爷奶在世时,她过得还算是过得去,可是在她十岁那年,爷奶先后去世了,她便成了多余的,大姑和叔叔家都不愿意养她,没办法,便又将她送回母亲身边。
母亲这时自己已经有了两个孩子,加上嫁给的丈夫,前妻还留下一个孩子,又加上葛丹丹,四个孩子需要抚养,本就不宽裕的家庭,更是捉襟见肘。
好在葛丹丹身上还带着国家给的抚养金,虽然不多,但也足够养活她,所以后爸并没有对她苛责。
只是世俗的重男轻女的观念,让葛丹丹在家里没有感觉到太多的温暖,所以长到十四岁时,便跟着一群年轻人去闯荡了,由于骑术很好,跟着马贩子来往于蒙古边境,只是由于年岁小,马贩子给她的工钱很少,十九岁那年,认识坑她的男友,跟着他进了跨境抢劫偷猎的团伙中。
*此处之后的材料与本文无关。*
-- ===== src/Cli/Commands/Returns.antt =====
-- `run` of src/cli/fincore_cli.cpp always returns: what a command throws is caught.
use fin_core_streaming_syste.Prelude.{
  ◌≡◌, refl, Bool, true, false, List, [], ◌∷◌, Text, Result, ok, err, Exception,
}
use fin_core_streaming_syste.Core.Double.{Double}
use fin_core_streaming_syste.Cli.Commands.{when, handle_line, run_lines, run}
use fin_core_streaming_syste.Cli.Monad.{
  Action, pure, ◌>>=◌, ◌>>◌, catching, gets, modify, write, bind_result, handle_result,
}
use fin_core_streaming_syste.Cli.Services.{
  Services, State, Line, banner, prompt, end_of_input, error,
}

module _ {D : Double} {S : Services D} where
  pub data Returned {A : Type 0} : Result A × State D S → Type 0 where
    returned : (a : A) (s : State D S) → Returned (ok a, s)

  pub Returned-inv :
      {A : Type 0} (r : Result A × State D S)
      → Returned r
      → (a : A) × (s : State D S) × (r ≡ (ok a, s))
  Returned-inv _ (returned a s) = (a, s, refl)

  bind-Returned :
      {A B : Type 0} (r : Result A × State D S) (f : A → Action S B)
      → Returned r
      → ((a : A) (s : State D S) → Returned (f a s))
      → Returned (bind_result r f)
  bind-Returned _ f (returned a s) h = h a s

  handle-Returned :
      {A : Type 0} (r : Result A × State D S) (f : Exception → Action S A)
      → ((e : Exception) (s : State D S) → Returned (f e s))
      → Returned (handle_result r f)
  handle-Returned (ok a, s) f h = returned a s
  handle-Returned (err e, s) f h = h e s

  write-Returned : (line : Line D) (s : State D S) → Returned (write line s)
  unfolding write modify
  write-Returned line s = returned tt _

  when-Returned :
      (b : Bool) (m : Action S (Unit {0}))
      → ((s : State D S) → Returned (m s))
      → (s : State D S) → Returned (when b m s)
  unfolding when pure
  when-Returned true m h s = h s
  when-Returned false m h s = returned tt s

  then-Returned :
      {A : Type 0} (m : Action S (Unit {0})) (k : Action S A)
      → ((s : State D S) → Returned (m s))
      → ((s : State D S) → Returned (k s))
      → (s : State D S) → Returned ((m >> k) s)
  unfolding ◌>>◌ ◌>>=◌
  then-Returned m k h g s = bind-Returned (m s) (λ _. k) (h s) (λ _. g)

  safe-Returned :
      (line : Text) (s : State D S)
      → Returned (catching (handle_line line) (λ e. write (error e)) s)
  unfolding catching
  safe-Returned line s = handle-Returned _ _ (λ e. write-Returned (error e))

  run_lines-Returned : (lines : List Text) (s : State D S) → Returned (run_lines lines s)
  unfolding run_lines ◌>>=◌ gets
  run_lines-Returned [] s =
      when-Returned s.running _
        (then-Returned _ _ (write-Returned prompt) (write-Returned end_of_input)) s
  run_lines-Returned (line ∷ lines) s =
      when-Returned s.running _
        (then-Returned _ _ (write-Returned prompt)
          (then-Returned _ _ (safe-Returned line) (run_lines-Returned lines)))
        s

  pub run-Returned : (lines : List Text) (s : State D S) → Returned (run lines s)
  unfolding run
  run-Returned lines s = then-Returned _ _ (write-Returned banner) (run_lines-Returned lines) s
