-- ===== src/Cli/Fetch/Recorded.antt =====
-- How often a fetch is recorded (src/cli/fincore_cli.cpp).
use fin_core_streaming_syste.Prelude.{
  ◌≡◌, refl, ◌∙◌, ap, Bool, true, false, Option, none, some, Text, Result, ok, err,
}
use fin_core_streaming_syste.Prelude.Int.{ℤ, ◌-ℤ◌}
use fin_core_streaming_syste.Core.Double.{Double}
use fin_core_streaming_syste.Core.Types.{Quote}
use fin_core_streaming_syste.Cli.Metrics.{
  OperationMetrics, ProcessSnapshot, process_delta, record_metrics,
}
use fin_core_streaming_syste.Cli.Parse.{normalize_symbol}
use fin_core_streaming_syste.Cli.Services.{Services, State, UsageWorks}
use fin_core_streaming_syste.Cli.Monad.{
  Action, pure, throw, handle_result, ◌>>=◌, ◌>>◌, catching, gets, modify, call, call_pure,
  set_metrics, steady_now, elapsed_us, read_process_snapshot,
}
use fin_core_streaming_syste.Cli.Fetch.{
  fresh_metrics, is_configured, read_cache, cache_or_api, conclude, store_all, finish, try_fetch,
  measured_fetch, fetch_symbol,
}
use fin_core_streaming_syste.Cli.Fetch.Frame.{read_cache-Frame, cache_or_api-Frame, store_all-Frame}
use fin_core_streaming_syste.Cli.Fetch.Ends.{
  Once, Ends, Ends-bind, Reports, FetchedOnce, missed-Reports, fetched-Reports,
}

module _ {D : Double} {S : Services D} where
  module _ (usage : UsageWorks S) where
    record Concluded (s : State D S) (r : Result (Unit {0}) × State D S) : Type 0 where
      after : State D S
      is_ok : r ≡ (ok tt, after)
      once : Once s.metrics.symbol s after after.metrics
      success : after.metrics.success ≡ s.metrics.success

    conclude-Concluded :
        (before : ProcessSnapshot) (started : ℤ) (s : State D S)
        → Concluded s (conclude before started s)
    unfolding conclude ◌>>=◌ ◌>>◌ elapsed_us steady_now call_pure pure set_metrics modify
        read_process_snapshot call
    conclude-Concluded before started s =
        let (p, w, e) = usage (S.steady_now s.world).1 in
        let m : OperationMetrics = record s.metrics {
          total_us = (S.steady_now s.world).0 -ℤ started;
          process = process_delta before p;
        } in
        rw e (record {
          after = record s { stats = record_metrics m s.stats; metrics = m; world = w };
          is_ok = refl;
          once = record { stats = refl; symbols = refl; symbol_of = refl };
          success = refl;
        })

    conclude-Ends :
        (before : ProcessSnapshot) (started : ℤ) (u s : State D S) (k : Action S Bool)
        → s.stats ≡ u.stats
        → s.symbols ≡ u.symbols
        → s.metrics.symbol ≡ u.metrics.symbol
        → ((t : State D S) → t.metrics.success ≡ s.metrics.success → Reports t (k t))
        → Ends u ((conclude before started >> k) s)
    unfolding ◌>>=◌ ◌>>◌ Ends
    conclude-Ends before started u s k same_stats same_symbols same_symbol h =
        let c = conclude-Concluded before started s in
        let r = h c.after c.success in
        rw c.is_ok (
          rw r.reported (
            c.after.metrics,
            record {
              stats = r.stats ∙ c.once.stats ∙ ap (record_metrics c.after.metrics) same_stats;
              symbols = r.symbols ∙ c.once.symbols ∙ same_symbols;
              symbol_of = c.once.symbol_of ∙ same_symbol;
            },
            refl,
          ))

    finish-Ends :
        (symbol : Text) (print_data print_metrics : Bool) (before : ProcessSnapshot) (started : ℤ)
        (quote : Option (Quote D)) (s : State D S)
        → s.metrics.success ≡ false
        → Ends s (finish symbol print_data print_metrics before started quote s)
    unfolding finish ◌>>=◌ ◌>>◌ set_metrics modify
    finish-Ends symbol print_data print_metrics before started none s unset =
        conclude-Ends before started s s _ refl refl refl
          (λ t e. missed-Reports symbol print_metrics t (e ∙ unset))
    finish-Ends symbol print_data print_metrics before started (some quote) s unset =
        Ends-bind s (store_all symbol quote s) _ ((store_all-Frame symbol quote).keeps s)
          (λ (snap, enabled, quote_stored, snapshot_stored) t h.
            conclude-Ends before started t _ _ refl refl refl (λ u e.
              fetched-Reports symbol quote snap enabled quote_stored snapshot_stored print_data
                print_metrics u))

    try_fetch-Ends :
        (symbol : Text) (print_data print_metrics : Bool) (before : ProcessSnapshot) (started : ℤ)
        (s : State D S)
        → s.metrics.success ≡ false
        → Ends s (try_fetch symbol print_data print_metrics before started s)
    unfolding try_fetch ◌>>=◌
    try_fetch-Ends symbol print_data print_metrics before started s unset =
        Ends-bind s (read_cache symbol s)
          (λ cached.
            cache_or_api symbol cached >>= finish symbol print_data print_metrics before started)
          ((read_cache-Frame symbol).keeps s)
          (λ cached t h.
            Ends-bind t (cache_or_api symbol cached t)
              (finish symbol print_data print_metrics before started)
              ((cache_or_api-Frame symbol cached).keeps t)
              (λ quote u k.
                finish-Ends symbol print_data print_metrics before started quote u
                  (k.success ∙ h.success ∙ unset)))

    catching-Ends :
        (before : ProcessSnapshot) (started : ℤ) (s : State D S) (r : Result Bool × State D S)
        → s.metrics.success ≡ false
        → Ends s r
        → FetchedOnce s.metrics.symbol s
            (handle_result r (λ e. do conclude before started; throw e))
    unfolding Ends ◌>>◌ ◌>>=◌ throw
    catching-Ends before started s (ok b, t) unset (m, once, e) = record {
      m = m;
      once = once;
      tells = e;
    }
    catching-Ends before started s (err x, t) unset h =
        let c = conclude-Concluded before started t in
        rw c.is_ok (record {
          m = c.after.metrics;
          once = record {
            stats = c.once.stats ∙ ap (record_metrics c.after.metrics) h.stats;
            symbols = c.once.symbols ∙ h.symbols;
            symbol_of = c.once.symbol_of ∙ h.symbol;
          };
          tells = c.success ∙ h.success ∙ unset;
        })

    measured_fetch-Once :
        (symbol : Text) (print_data print_metrics : Bool) (s : State D S)
        → FetchedOnce symbol s (measured_fetch symbol print_data print_metrics s)
    unfolding measured_fetch ◌>>◌ ◌>>=◌ modify read_process_snapshot call steady_now call_pure
        catching
    measured_fetch-Once symbol print_data print_metrics s =
        let (p, w, e) = usage s.world in
        let u : State D S = record s {
          metrics = fresh_metrics symbol;
          world = (S.steady_now w).1;
        } in
        let started = (S.steady_now w).0 in
        let r =
          catching-Ends p started u (try_fetch symbol print_data print_metrics p started u) refl
            (try_fetch-Ends symbol print_data print_metrics p started u refl) in
        rw e (record {
          m = r.m;
          once = record {
            stats = r.once.stats;
            symbols = r.once.symbols;
            symbol_of = r.once.symbol_of;
          };
          tells = r.tells;
        })

    -- Where the process statistics can be read, a fetch of a configured symbol is recorded exactly
    -- once, under its normalized name, whatever the services return or throw, and what is recorded
    -- says it was a success just where the call returns true. The configured symbols stay.
    pub fetch_symbol-FetchedOnce :
        (raw : Text) (print_data print_metrics : Bool) (s : State D S)
        → is_configured (normalize_symbol raw) s ≡ true
        → FetchedOnce (normalize_symbol raw) s (fetch_symbol raw print_data print_metrics s)
    unfolding fetch_symbol ◌>>=◌ gets
    fetch_symbol-FetchedOnce raw print_data print_metrics s configured =
        rw configured (measured_fetch-Once (normalize_symbol raw) print_data print_metrics s)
结果在蒙古被抓,被遣送回国后判刑,因盗马时意外打死当地牧民,虽不是她下的手,但为了不让男朋友重判,便承担一半的罪责。
这天下午放风时间,炉灰出手了,她用的借口很烂,说是大刘身躯高大,将照射她的阳光挡住了,所以让大刘跪下给她当座椅肉垫,让她好好享受春天的明媚阳光。
越千张筱因为上厕所,并没有在场,大刘很是气愤,但是知道,谁先动手谁处罚越重,但见到炉灰那颐指气使的样子,气的青筋暴露怒目金刚。
二娘在旁边扭着身子,捂嘴笑着拱火道:“一个女人长得汉子的腰板儿,还真不容易嫁出去,要不也不会被人家毫不怜惜地卖给兄弟俩,当了共妻,哎呀呀,真是可惜,流产那么多,也没落下个孩儿,要是你的基因遗传给儿子,啧啧,说不定啊....。”
大刘气的火冒三丈失去理智,这是她的痛,共妻是她的痛,没有留下个孩儿更是她的痛,她什么都顾不了,“嗷”的一声扑了上去,与二娘打在一起。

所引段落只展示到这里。